Async In Embedded Rust
When I first started this book, I wrote most of the examples using rp-hal only. In this revision, I have rewritten the book to focus mainly on async programming with Embassy. The official Embassy book already has good documentation, but I want to give a short introduction here. Let’s have a brief look at async and understand why it’s so valuable in embedded systems.
Imagine You’re Cooking Dinner
If you’re familiar with concurrency and async concepts, you don’t need this analogy; Embassy is basically like Tokio for embedded systems, providing an async runtime. If you’re new to async, let me explain with this analogy.
You are making dinner and you put water on to boil. Instead of standing there watching, you chop vegetables. You glance at the pot occasionally, and when you see bubbles, you’re ready for the next step. Now while the main dish cooks, you prepare a side dish in another pan. You even check a text message on your phone. You’re one person constantly moving between tasks, checking what needs attention, doing work whenever something is ready, and never just standing idle waiting.
That’s async programming. You’re the executor, constantly deciding what needs attention. Each cooking task is an async operation. The stove does its heating without you watching it. That’s the non-blocking wait. You don’t freeze in place staring at boiling water. You go do other productive work and come back when it’s ready. The key insight is efficient orchestration: one person (the executor), multiple waiting tasks, and you’re always doing something useful by switching your attention to whatever is ready right now. This is exactly what async programming does for your microcontroller.
Different Approaches
In embedded systems, your microcontroller spends a lot of time waiting. It waits for a button press, for a timer to expire, or for an LED to finish blinking for a set duration. Without async, you have two main approaches.
Blocking
The first approach is blocking code. Your program literally stops and waits. If you’re waiting for a button press, your code sits in a loop checking if the button state has changed. During this time, your microcontroller can’t do anything else. It can’t blink an LED, it can’t check other buttons, it can’t respond to timers. All of your processor’s power is wasted in a tight loop asking “is it ready yet?” over and over again.
Interrupt
The second approach is using interrupts directly. When hardware events happen, like a button being pressed or a timer expiring, the interrupt handler runs. This is better because your main code can keep running, but interrupt-based code quickly becomes complex and error-prone. You need to carefully manage shared state between your main code and interrupt handlers.

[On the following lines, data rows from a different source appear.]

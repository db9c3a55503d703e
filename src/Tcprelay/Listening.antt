-- ===== src/Tcprelay/Listening.antt =====
-- Which socket the relay listens on.
use mathlib.Core.Path.{ap₂}
use Prim.Native.Nat.{bit_or}
use shadowc.Utils.{make_socket_non_blocking}
use shadowc.Base.{
  ℕ, Option, sym, append_assoc, Bool-cases, if◌then◌else◌, ◌+◌, true, false, none, some, List, [],
  ◌∷◌, ◌++◌, ◌≡◌, refl, All, beq_refl, arith, ◌⊎◌, inl, inr,
}
use shadowc.Base.Int.{ℤ, pos, negsuc, failed, int_eq, int_key}
use shadowc.Eventloop.{EventLoop, add, epollin, epollerr}
use shadowc.Eventloop.Registry.{handler_of, handler_of-add}
use shadowc.Tcprelay.{
  Relay, Attempt, Setup, try_socket, finish, bind_loop, started, aborted, create, add_to_loop,
  flagged, negative, opens, sets_reuse, logs_reuse_failed, binds, listens, sets_flags,
  frees_addresses,
}

-- The address cannot be served: no socket, or it cannot be bound.
abbrev pub Fails : Attempt → Type 0
Fails a =
    (int_eq a.socket failed ≡ true)
    ⊎ ((int_eq a.socket failed ≡ false) × (int_eq a.bind (pos 0) ≡ false))

-- What is done with the sockets of attempts.
abbrev pub tried : List Attempt → List Setup
tried [] = []
tried (a ∷ attempts) = elim (int_eq a.socket failed) [
  | true ↦ tried attempts
  | false ↦ try_socket a ++ tried attempts
]

-- The first address that has a socket and can be bound ends the loop.
pub bind_loop_first :
    (before after : List Attempt) (a : Attempt) (s : ℤ)
    → All Fails before
    → int_eq a.socket failed ≡ false
    → int_eq a.bind (pos 0) ≡ true
    → bind_loop s (before ++ a ∷ after) ≡ (a.socket, tried before ++ try_socket a)
unfolding bind_loop
bind_loop_first [] after a s f h k = rw (h, bind_loop, k)
bind_loop_first (b ∷ before) after a s (inl none', fs) h k =
    ground (arith, bind_loop_first before after a b.socket fs h k)
bind_loop_first (b ∷ before) after a s (inr (one, unbound), fs) h k =
    rw (one, bind_loop, tried, unbound, bind_loop_first before after a b.socket fs h k)
      (λ i. (a.socket, sym (append_assoc (try_socket b) (tried before) (try_socket a)) i))

-- The calls for the sockets of attempts, written out: each one that is there is opened, set to
-- reuse its address, with a line of the log if that fails, and bound; none is closed.
abbrev pub prepared : ℤ → ℤ → List Setup
prepared socket (pos n) = opens socket ∷ sets_reuse socket ∷ binds socket ∷ []
prepared socket (negsuc n) =
    opens socket ∷ sets_reuse socket ∷ logs_reuse_failed socket ∷ binds socket ∷ []

abbrev pub in_vain : List Attempt → List Setup
in_vain [] = []
in_vain (a ∷ attempts) = elim (int_eq a.socket failed) [
  | true ↦ in_vain attempts
  | false ↦ prepared a.socket a.setsockopt ++ in_vain attempts
]

-- The flags of a socket whose flags are known get O_NONBLOCK.
abbrev pub unblocked : ℤ → Option ℕ → List Setup
unblocked socket none = []
unblocked socket (some flags) = sets_flags socket (bit_or flags 2048) ∷ []

try_socket-prepared : (a : Attempt) → try_socket a ≡ prepared a.socket a.setsockopt
unfolding try_socket negative
try_socket-prepared a = go a.setsockopt refl
  where
    go : (z : ℤ) → a.setsockopt ≡ z → try_socket a ≡ prepared a.socket z
    go (pos n) e = rw (e)
    go (negsuc n) e = rw (e)

tried-in_vain : (attempts : List Attempt) → tried attempts ≡ in_vain attempts
tried-in_vain [] = refl
tried-in_vain (a ∷ attempts) = elim (Bool-cases (int_eq a.socket failed)) [
  | inl e ↦ rw (e, tried, in_vain) (tried-in_vain attempts)
  | inr e ↦ rw (e, tried, in_vain) (ap₂ ◌++◌ (try_socket-prepared a) (tried-in_vain attempts))
]

finish_lem :
    (socket : ℤ) (flags set : Option ℕ)
    → finish socket flags set ≡ frees_addresses ∷ (unblocked socket flags ++ listens socket ∷ [])
unfolding finish flagged make_socket_non_blocking
finish_lem socket none set = refl
finish_lem socket (some flags) none = refl
finish_lem socket (some flags) (some s) = refl

-- If every address before it fails, an address that has a socket and can be bound ends the search
-- of the constructor: the relay has its socket, or the program aborts if `listen` fails on that. Up
-- to then, each socket has been opened, set to reuse its address, with a line of the log if that
-- failed, and bound, none has been closed, and behind the last bind the addresses are freed,
-- O_NONBLOCK is added to the flags of the server socket, if these could be read, and it is listened
-- on.
pub create_first {ℓ} :
    {H : Type ℓ} (dns_resolver : ℕ) (before after : List Attempt) (a : Attempt)
    (fcntl : ℤ → Option ℕ × Option ℕ) (listen : ℤ → ℤ)
    → All Fails before
    → int_eq a.socket failed ≡ false
    → int_eq a.bind (pos 0) ≡ true
    → let done =
        in_vain before
        ++ (prepared a.socket a.setsockopt
            ++ (frees_addresses
                ∷ (unblocked a.socket (fcntl a.socket).0 ++ listens a.socket ∷ []))) in
      create {H = H} dns_resolver (some (before ++ a ∷ after)) fcntl listen ≡ (
        if int_eq (listen a.socket) failed
        then aborted done
        else started
            (record {
              server_socket = a.socket;
              has_loop = false;
              closed = false;
              fd_to_handlers = [];
              dns_resolver = dns_resolver;
            })
            done)
unfolding create
create_first dns_resolver before after a fcntl listen f h k =
    let doings = finish a.socket (fcntl a.socket).0 (fcntl a.socket).1 in
    let loop = bind_loop_first before after a (pos 0) f h k in
    let joined = append_assoc (tried before) (try_socket a) doings in
    let written = finish_lem a.socket (fcntl a.socket).0 (fcntl a.socket).1 in
    rw (← written, ← try_socket-prepared a, ← tried-in_vain before, ← joined)
      (elim (Bool-cases (int_eq (listen a.socket) failed)) [
        | inl e ↦ rw (loop, create, e, loop)
        | inr e ↦ rw (loop, create, e, loop)
      ])

-- If no address can be bound, the server socket is what `socket` returned for the last one.
pub bind_loop_last :
    (before : List Attempt) (a : Attempt) (s : ℤ)
    → All Fails before
    → Fails a
    → (bind_loop s (before ++ a ∷ [])).0 ≡ a.socket
unfolding bind_loop
bind_loop_last [] a s f (inl e) = rw (e, bind_loop)
bind_loop_last [] a s f (inr (e, u)) = rw (e, bind_loop, u)
bind_loop_last (b ∷ before) a s (inl e, fs) l =
    rw (e, bind_loop) (bind_loop_last before a b.socket fs l)
bind_loop_last (b ∷ before) a s (inr (e, u), fs) l =
    rw (e, bind_loop, u) (bind_loop_last before a b.socket fs l)

-- How a relay starts.
pub create-started {ℓ} :
    {H : Type ℓ} (dns_resolver : ℕ) (attempts : List Attempt) (fcntl : ℤ → Option ℕ × Option ℕ)
    (listen : ℤ → ℤ) (r : Relay H) (done : List Setup)
    → create dns_resolver (some attempts) fcntl listen ≡ started r done
    → (r.has_loop ≡ false)
      × (r.closed ≡ false)
      × (r.fd_to_handlers ≡ [])
      × ((bind_loop (pos 0) attempts).0 ≡ r.server_socket)
      × (int_eq (listen r.server_socket) failed ≡ false)
unfolding create
create-started dns_resolver attempts fcntl listen r done e = ground arith

-- A relay that has started joins a loop once: it handles the events of its socket, if nobody had
-- that descriptor, and a second call changes nothing.
pub add_to_loop-started {ℓ κ} :
    {H : Type ℓ} {E : Type κ} (dns_resolver : ℕ) (attempts : List Attempt)
    (fcntl : ℤ → Option ℕ × Option ℕ) (listen : ℤ → ℤ) (r : Relay H) (done : List Setup)
    (self self' : E) (loop : EventLoop E)
    → create dns_resolver (some attempts) fcntl listen ≡ started r done
    → handler_of loop r.server_socket ≡ none
    → let (r', loop') = add_to_loop self r loop in
      (handler_of loop' r.server_socket ≡ some self) × (add_to_loop self' r' loop' ≡ (r', loop'))
unfolding create add_to_loop
add_to_loop-started dns_resolver attempts fcntl listen r done self self' loop e free =
    let (idle, open_relay, _, _, _) = create-started dns_resolver attempts fcntl listen r done e in
    let joined : add_to_loop self r loop
        ≡ (record r { has_loop = true }, add loop r.server_socket (epollin + epollerr) self) =
      ground (arith, idle, open_relay) in
    rw joined (
      rw (
        handler_of-add loop r.server_socket r.server_socket _ self,
        beq_refl r.server_socket,
        free,
      ),
      refl,
    )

Do not worry about interrupts for now. We will go into them in more depth in later chapters.
Async
Async programming gives you the best of both worlds. Your code looks clean and sequential, like blocking code, but it doesn’t actually block. When you await something, your code says “I need to wait for this, but feel free to do other work in the meantime.” The async runtime, which Embassy provides for us, handles all the complexity of switching between tasks efficiently.
How Async Works in Rust
When you write an async function in Rust, you use the async keyword before fn. Inside that function, you can use the await keyword on operations that might take time. Here’s what it looks like:
#![allow(unused)]
fn main() {
async fn blink_led(mut led: Output<'static>) {
loop {
led.set_high();
Timer::after_millis(500).await;
led.set_low();
Timer::after_millis(500).await;
}
}
}The important part is the .await. When you write Timer::after_millis(500).await, you’re telling the runtime “I need to wait 500 milliseconds, but I don’t need the CPU during that time.” The runtime can then go run other tasks. When the 500 milliseconds are up, your task resumes right where it left off.
Think back to our cooking analogy. When you put something on the stove and walk away, you’re essentially “awaiting” it to be ready. You do other things, and when it’s done, you return to that task. Just like you act as the executor in the kitchen, keeping track of what needs attention and when, the async runtime plays the same role for your program.
Embassy
Embassy is one of the popular async runtime that makes all of this work in embedded Rust. It provides the executor that manages your tasks, handles hardware interrupts.
Executor
When you use #[embassy_executor::main], Embassy automatically sets everything up - it runs your tasks, puts the CPU to sleep when everything is waiting, and wakes it up when hardware events occur. The Executor is the coordinator that decides which task to poll when. The executor maintains a queue of tasks that are ready to run. When a task hits await and yields, the executor moves to the next ready task. When there are no tasks ready to run, the executor puts the CPU to sleep. Interrupts wake the executor back up, which then polls any tasks that became ready.
RTIC
RTIC (Real-Time Interrupt-driven Concurrency) is another popular framework for embedded Rust. Unlike Embassy, which provides an async runtime along with hardware drivers, RTIC focuses only on execution and scheduling. In RTIC, you declare tasks with fixed priorities and shared resources upfront, and the framework checks at compile time that resources are shared safely without data races. Higher-priority tasks can preempt lower-priority ones, and the scheduling is handled by hardware interrupts, which makes timing very predictable. This makes RTIC a good fit for hard real-time systems where precise control and determinism matter. You can refer the official RTIC book for more info.
In this book, we will mainly use Embassy.